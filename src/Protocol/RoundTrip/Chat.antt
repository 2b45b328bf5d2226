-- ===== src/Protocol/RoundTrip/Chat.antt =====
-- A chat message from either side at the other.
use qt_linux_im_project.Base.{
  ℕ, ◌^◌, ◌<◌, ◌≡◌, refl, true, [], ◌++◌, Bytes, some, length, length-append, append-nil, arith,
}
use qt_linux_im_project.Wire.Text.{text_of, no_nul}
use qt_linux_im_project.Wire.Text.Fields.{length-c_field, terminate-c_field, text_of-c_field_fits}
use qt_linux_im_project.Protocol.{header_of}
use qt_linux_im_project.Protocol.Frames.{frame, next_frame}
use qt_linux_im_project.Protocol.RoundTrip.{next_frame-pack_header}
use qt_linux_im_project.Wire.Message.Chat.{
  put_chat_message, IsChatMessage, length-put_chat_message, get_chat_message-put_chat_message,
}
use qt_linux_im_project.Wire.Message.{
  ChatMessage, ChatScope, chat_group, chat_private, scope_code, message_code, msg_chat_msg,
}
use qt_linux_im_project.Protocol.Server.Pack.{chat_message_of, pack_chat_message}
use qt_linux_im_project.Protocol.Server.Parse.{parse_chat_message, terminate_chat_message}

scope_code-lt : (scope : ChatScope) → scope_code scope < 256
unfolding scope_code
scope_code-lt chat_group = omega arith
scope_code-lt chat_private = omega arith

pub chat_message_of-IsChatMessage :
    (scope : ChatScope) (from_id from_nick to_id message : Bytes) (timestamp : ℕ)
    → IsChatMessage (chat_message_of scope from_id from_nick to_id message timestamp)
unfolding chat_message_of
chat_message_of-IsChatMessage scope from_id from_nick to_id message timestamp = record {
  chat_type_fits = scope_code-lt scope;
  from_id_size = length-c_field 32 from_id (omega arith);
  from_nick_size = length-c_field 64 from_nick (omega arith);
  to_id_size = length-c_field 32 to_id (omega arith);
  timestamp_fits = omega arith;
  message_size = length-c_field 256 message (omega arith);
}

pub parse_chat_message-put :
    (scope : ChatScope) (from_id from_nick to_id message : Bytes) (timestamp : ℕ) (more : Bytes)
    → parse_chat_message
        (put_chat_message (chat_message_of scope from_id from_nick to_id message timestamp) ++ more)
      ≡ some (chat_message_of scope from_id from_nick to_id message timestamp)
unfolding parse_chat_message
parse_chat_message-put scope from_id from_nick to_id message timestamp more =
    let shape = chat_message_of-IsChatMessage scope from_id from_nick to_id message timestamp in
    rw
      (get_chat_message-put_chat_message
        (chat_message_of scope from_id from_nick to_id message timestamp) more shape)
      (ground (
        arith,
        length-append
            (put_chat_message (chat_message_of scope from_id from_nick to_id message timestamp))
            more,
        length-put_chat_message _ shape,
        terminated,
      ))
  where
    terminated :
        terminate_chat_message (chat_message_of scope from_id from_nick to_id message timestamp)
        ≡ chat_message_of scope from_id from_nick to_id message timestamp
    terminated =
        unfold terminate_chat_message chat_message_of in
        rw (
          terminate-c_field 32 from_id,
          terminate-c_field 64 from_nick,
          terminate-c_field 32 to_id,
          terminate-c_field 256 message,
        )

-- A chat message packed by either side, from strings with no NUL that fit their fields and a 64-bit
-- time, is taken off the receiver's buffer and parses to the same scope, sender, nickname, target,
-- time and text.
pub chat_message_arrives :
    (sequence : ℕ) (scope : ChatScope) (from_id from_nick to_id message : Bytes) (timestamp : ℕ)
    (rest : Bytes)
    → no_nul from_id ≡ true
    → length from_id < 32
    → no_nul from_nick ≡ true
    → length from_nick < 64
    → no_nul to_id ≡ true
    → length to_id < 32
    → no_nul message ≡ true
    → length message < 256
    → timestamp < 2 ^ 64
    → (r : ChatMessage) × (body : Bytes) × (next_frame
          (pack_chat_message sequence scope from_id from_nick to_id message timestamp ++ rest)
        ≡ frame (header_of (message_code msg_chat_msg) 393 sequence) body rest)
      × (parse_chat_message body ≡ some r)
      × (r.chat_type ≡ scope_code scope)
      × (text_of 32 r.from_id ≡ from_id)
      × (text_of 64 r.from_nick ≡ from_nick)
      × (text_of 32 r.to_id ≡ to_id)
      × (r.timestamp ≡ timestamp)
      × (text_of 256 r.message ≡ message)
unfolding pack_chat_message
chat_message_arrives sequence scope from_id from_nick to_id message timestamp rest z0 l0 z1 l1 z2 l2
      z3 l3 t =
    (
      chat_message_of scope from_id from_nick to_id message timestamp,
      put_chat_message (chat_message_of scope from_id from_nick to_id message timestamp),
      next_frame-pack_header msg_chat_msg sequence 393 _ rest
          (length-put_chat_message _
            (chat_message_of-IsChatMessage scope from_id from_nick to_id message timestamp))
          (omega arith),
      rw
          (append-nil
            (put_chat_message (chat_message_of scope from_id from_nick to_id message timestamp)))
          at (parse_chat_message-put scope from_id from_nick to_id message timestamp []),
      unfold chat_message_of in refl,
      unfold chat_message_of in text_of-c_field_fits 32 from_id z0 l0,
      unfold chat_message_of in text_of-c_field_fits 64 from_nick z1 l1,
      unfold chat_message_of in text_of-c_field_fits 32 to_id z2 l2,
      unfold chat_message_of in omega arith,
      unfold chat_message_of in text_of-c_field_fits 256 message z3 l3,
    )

——————————

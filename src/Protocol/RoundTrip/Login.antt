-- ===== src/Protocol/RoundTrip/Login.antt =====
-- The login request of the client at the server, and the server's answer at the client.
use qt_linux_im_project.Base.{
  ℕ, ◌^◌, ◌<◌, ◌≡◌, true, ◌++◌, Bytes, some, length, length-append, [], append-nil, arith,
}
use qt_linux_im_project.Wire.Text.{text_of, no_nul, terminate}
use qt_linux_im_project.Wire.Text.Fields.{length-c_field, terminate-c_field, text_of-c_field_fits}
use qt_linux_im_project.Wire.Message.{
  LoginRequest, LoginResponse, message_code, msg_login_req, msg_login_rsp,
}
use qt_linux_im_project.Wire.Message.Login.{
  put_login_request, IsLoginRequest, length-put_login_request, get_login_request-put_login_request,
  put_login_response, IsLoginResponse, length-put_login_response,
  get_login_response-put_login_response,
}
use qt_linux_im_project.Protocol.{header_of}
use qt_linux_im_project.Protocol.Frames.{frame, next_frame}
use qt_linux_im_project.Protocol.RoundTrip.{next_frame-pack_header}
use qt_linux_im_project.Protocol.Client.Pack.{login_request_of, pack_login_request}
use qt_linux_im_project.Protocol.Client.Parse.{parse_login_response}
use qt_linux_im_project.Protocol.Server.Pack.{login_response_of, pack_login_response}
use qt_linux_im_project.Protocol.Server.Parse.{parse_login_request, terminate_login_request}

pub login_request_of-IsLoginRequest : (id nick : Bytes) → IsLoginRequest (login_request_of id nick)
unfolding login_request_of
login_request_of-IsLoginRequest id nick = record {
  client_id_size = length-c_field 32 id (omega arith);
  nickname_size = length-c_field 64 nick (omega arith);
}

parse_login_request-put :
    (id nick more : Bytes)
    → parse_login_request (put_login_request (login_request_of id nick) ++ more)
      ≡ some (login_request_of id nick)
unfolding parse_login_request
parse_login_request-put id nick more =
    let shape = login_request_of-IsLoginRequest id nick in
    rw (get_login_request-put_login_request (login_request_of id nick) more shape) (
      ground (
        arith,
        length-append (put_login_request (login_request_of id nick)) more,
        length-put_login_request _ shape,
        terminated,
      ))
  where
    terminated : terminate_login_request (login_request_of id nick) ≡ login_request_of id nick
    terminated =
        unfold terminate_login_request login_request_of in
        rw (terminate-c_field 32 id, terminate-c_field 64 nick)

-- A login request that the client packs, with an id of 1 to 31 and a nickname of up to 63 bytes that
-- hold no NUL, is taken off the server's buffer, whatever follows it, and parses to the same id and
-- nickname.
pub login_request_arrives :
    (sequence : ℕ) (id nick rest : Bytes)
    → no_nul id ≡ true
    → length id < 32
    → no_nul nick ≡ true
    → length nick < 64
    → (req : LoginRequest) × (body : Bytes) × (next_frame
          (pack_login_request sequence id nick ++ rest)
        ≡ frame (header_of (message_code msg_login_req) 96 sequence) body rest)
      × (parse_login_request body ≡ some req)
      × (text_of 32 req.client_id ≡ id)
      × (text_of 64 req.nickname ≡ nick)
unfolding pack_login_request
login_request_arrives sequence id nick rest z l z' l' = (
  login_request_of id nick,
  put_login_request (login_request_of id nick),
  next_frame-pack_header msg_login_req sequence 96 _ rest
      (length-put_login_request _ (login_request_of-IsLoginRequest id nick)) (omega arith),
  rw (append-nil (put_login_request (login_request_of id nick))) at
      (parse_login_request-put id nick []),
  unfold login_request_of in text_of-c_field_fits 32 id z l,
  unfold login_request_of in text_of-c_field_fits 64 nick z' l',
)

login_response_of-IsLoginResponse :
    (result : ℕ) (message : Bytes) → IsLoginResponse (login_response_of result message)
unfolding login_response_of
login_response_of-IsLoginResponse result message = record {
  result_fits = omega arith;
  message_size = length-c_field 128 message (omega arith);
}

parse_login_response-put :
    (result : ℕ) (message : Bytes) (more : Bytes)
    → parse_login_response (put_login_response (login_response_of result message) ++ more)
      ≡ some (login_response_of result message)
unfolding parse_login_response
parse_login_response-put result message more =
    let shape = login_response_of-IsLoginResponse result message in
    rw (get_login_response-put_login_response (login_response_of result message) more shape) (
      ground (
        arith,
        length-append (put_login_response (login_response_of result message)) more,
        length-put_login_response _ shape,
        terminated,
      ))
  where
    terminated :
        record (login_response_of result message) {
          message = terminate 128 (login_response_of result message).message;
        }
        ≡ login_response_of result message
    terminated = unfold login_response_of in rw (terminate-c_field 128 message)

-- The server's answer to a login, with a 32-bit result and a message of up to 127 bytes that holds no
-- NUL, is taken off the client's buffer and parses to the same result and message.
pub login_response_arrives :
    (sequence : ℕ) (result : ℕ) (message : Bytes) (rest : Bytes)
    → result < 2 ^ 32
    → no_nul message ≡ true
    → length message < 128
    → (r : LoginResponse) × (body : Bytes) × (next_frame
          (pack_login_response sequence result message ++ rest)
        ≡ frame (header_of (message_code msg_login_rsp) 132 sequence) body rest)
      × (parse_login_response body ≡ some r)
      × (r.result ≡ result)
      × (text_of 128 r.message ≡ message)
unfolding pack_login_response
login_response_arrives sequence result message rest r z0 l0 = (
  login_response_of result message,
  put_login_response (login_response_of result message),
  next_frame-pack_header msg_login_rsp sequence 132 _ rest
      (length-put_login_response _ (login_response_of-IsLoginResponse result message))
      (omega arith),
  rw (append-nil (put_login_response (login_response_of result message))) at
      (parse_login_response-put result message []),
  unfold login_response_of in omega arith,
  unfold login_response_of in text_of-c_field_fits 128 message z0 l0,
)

——————————

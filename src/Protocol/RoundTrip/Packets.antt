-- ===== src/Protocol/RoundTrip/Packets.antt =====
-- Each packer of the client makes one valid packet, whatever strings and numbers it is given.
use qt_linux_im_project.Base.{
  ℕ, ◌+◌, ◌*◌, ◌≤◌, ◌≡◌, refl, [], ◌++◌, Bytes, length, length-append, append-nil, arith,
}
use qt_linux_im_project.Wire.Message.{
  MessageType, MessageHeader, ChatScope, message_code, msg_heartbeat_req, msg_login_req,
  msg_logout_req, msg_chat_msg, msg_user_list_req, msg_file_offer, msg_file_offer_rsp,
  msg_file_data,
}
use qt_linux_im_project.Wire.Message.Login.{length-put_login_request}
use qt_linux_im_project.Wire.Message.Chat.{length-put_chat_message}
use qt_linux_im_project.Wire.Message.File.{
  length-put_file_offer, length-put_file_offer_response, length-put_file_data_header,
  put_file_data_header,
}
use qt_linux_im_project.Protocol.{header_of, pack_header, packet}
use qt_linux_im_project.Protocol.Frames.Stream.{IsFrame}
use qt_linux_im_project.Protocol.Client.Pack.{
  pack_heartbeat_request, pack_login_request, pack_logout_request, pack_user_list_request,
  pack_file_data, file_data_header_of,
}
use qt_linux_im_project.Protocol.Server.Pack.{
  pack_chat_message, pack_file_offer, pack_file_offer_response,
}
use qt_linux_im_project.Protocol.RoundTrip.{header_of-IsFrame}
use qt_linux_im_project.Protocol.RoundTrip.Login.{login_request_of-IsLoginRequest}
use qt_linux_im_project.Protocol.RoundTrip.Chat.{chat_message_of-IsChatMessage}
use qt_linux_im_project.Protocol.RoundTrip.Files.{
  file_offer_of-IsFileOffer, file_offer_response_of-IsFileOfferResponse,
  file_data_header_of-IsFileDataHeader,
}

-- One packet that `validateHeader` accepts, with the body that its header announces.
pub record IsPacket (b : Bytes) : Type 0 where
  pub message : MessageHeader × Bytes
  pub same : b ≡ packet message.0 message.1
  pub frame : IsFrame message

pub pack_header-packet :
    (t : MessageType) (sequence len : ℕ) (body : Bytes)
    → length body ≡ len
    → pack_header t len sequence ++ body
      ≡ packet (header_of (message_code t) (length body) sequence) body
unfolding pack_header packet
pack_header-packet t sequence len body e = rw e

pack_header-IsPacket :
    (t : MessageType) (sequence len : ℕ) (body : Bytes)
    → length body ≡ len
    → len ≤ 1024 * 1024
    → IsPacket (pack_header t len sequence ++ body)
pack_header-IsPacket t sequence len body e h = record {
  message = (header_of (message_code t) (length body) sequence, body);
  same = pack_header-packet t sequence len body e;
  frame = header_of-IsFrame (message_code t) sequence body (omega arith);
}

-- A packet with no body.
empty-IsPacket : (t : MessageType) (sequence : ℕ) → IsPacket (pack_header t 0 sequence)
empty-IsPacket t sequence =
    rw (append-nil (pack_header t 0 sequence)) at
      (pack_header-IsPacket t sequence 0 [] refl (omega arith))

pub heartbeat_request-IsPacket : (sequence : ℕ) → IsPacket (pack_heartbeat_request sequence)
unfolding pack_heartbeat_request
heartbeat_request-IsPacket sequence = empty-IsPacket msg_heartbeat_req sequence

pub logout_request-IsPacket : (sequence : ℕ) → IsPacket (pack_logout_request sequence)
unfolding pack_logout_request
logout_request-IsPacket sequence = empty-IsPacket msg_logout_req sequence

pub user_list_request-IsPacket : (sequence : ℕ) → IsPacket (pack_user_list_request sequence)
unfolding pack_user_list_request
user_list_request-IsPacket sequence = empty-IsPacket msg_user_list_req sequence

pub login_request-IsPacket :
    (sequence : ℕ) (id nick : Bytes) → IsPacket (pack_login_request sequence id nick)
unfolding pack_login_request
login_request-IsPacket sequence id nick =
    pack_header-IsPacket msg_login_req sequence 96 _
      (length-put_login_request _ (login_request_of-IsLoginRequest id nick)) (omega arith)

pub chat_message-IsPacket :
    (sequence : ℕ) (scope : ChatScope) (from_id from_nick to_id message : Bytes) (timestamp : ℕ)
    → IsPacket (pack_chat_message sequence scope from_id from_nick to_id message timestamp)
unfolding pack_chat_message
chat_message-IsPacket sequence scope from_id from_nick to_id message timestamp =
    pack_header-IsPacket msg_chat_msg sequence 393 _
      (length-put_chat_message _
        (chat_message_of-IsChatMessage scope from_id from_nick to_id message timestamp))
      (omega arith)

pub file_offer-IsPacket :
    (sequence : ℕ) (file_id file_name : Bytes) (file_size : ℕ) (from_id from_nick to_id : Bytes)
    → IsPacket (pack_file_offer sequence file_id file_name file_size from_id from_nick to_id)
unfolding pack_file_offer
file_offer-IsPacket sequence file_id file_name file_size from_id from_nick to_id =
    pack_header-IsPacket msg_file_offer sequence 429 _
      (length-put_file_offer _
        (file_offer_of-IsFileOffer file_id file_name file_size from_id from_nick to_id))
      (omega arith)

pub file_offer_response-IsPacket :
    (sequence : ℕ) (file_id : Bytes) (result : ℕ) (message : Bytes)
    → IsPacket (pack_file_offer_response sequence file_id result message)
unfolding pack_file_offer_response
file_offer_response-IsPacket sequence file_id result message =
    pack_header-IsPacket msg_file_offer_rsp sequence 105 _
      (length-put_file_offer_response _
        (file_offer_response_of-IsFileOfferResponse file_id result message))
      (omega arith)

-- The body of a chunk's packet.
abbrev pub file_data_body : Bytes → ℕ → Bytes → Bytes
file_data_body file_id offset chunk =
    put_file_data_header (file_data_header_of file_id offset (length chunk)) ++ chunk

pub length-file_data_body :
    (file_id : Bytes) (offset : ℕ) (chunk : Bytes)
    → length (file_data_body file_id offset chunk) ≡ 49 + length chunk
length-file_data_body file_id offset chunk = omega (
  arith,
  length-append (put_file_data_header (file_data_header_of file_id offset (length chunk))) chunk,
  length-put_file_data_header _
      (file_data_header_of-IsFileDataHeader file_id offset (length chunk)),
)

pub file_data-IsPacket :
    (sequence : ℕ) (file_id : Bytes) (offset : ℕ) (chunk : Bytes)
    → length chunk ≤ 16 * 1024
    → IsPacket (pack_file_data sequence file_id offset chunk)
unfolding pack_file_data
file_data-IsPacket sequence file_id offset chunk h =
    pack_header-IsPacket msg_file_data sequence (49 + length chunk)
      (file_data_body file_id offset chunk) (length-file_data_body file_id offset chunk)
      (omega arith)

——————————

▶ [Task objective] In the listing above, find the line holding "1024 * 1024" and the line holding "empty-IsPacket : (t", then output those two lines and every line between them exactly.

▶ [Written response]
    → len ≤ 1024 * 1024
    → IsPacket (pack_header t len sequence ++ body)
pack_header-IsPacket t sequence len body e h = record {
  message = (header_of (message_code t) (length body) sequence, body);
  same = pack_header-packet t sequence len body e;
  frame = header_of-IsFrame (message_code t) sequence body (omega arith);
}

-- A packet with no body.
empty-IsPacket : (t : MessageType) (sequence : ℕ) → IsPacket (pack_header t 0 sequence)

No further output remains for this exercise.